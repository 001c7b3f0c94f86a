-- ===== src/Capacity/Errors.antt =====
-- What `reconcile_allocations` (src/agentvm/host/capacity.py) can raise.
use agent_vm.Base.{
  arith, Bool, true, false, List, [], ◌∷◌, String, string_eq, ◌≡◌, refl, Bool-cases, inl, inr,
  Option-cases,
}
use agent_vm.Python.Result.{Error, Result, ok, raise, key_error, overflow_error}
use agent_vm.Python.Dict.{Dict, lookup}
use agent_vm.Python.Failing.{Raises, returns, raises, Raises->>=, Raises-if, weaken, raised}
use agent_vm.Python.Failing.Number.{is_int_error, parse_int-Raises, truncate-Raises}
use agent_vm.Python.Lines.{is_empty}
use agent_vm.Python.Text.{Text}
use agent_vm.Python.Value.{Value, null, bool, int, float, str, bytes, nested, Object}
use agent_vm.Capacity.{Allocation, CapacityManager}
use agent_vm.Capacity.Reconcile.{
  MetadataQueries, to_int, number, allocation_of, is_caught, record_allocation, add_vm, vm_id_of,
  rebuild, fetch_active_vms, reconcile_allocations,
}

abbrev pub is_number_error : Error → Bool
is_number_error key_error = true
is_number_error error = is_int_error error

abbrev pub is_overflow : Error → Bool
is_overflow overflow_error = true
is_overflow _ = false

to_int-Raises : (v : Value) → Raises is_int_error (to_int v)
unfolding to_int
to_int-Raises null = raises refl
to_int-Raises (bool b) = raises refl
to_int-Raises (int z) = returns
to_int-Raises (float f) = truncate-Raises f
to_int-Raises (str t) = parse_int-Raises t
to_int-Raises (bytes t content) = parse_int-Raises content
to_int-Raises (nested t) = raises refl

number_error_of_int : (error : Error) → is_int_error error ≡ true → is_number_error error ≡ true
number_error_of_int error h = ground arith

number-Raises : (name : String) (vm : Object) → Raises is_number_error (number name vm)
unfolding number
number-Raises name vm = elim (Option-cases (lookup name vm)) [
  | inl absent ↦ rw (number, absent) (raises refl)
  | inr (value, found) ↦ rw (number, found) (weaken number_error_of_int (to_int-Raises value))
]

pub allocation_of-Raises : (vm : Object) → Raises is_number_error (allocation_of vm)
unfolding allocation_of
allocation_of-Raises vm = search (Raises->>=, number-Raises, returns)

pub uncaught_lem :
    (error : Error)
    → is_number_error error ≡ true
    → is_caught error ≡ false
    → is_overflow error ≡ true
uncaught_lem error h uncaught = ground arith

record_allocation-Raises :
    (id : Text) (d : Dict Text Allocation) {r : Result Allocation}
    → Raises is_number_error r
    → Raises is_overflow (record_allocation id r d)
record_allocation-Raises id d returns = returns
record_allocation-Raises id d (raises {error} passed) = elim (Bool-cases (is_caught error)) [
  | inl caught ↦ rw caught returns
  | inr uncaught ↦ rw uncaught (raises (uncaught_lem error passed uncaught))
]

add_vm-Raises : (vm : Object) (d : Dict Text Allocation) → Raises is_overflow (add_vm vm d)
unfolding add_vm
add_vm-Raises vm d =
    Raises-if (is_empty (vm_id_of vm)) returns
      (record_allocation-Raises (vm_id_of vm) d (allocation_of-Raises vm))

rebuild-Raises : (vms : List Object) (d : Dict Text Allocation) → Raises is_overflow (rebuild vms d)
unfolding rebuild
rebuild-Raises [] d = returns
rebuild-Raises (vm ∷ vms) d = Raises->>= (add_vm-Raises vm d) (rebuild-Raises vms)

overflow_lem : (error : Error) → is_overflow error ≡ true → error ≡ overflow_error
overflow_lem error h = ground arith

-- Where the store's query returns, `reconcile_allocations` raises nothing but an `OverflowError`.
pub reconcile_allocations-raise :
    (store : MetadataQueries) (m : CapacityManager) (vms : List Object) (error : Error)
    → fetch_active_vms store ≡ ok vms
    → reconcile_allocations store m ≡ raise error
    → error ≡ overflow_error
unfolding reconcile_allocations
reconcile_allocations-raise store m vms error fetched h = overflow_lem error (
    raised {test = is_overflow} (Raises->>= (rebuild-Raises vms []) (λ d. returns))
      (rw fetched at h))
▬▬▬
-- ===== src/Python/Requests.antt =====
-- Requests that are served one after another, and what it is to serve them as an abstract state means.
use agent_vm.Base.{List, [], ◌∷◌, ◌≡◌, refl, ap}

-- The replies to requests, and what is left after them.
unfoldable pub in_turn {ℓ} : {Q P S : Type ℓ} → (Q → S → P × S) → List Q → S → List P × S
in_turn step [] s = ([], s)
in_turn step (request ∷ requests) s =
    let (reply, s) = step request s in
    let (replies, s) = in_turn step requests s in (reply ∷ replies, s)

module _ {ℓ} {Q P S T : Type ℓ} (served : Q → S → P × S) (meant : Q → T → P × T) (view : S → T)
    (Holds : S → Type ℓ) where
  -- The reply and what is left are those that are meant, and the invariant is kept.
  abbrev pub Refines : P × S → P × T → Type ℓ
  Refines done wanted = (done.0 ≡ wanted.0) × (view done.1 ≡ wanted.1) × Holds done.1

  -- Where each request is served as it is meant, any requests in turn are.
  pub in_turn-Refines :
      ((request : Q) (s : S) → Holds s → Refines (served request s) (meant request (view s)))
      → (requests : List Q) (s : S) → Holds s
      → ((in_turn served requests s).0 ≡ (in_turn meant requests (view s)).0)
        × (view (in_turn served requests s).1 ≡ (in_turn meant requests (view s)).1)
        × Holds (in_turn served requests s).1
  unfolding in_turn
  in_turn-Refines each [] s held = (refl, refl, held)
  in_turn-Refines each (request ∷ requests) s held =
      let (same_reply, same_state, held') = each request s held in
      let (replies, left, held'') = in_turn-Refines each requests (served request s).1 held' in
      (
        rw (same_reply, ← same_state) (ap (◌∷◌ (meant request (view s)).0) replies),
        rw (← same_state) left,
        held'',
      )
▬▬▬
In your answer, include only the lines above starting at the line that holds "(Holds : S → Type ℓ) where" and ending at the line that holds "let (same_reply, same_state, held')", copied exactly.

== ANSWER TO THE PROBLEM ==
    (Holds : S → Type ℓ) where
  -- The reply and what is left are those that are meant, and the invariant is kept.
  abbrev pub Refines : P × S → P × T → Type ℓ
  Refines done wanted = (done.0 ≡ wanted.0) × (view done.1 ≡ wanted.1) × Holds done.1

  -- Where each request is served as it is meant, any requests in turn are.
  pub in_turn-Refines :
      ((request : Q) (s : S) → Holds s → Refines (served request s) (meant request (view s)))
      → (requests : List Q) (s : S) → Holds s
      → ((in_turn served requests s).0 ≡ (in_turn meant requests (view s)).0)
        × (view (in_turn served requests s).1 ≡ (in_turn meant requests (view s)).1)
        × Holds (in_turn served requests s).1
  unfolding in_turn
  in_turn-Refines each [] s held = (refl, refl, held)
  in_turn-Refines each (request ∷ requests) s held =
      let (same_reply, same_state, held') = each request s held in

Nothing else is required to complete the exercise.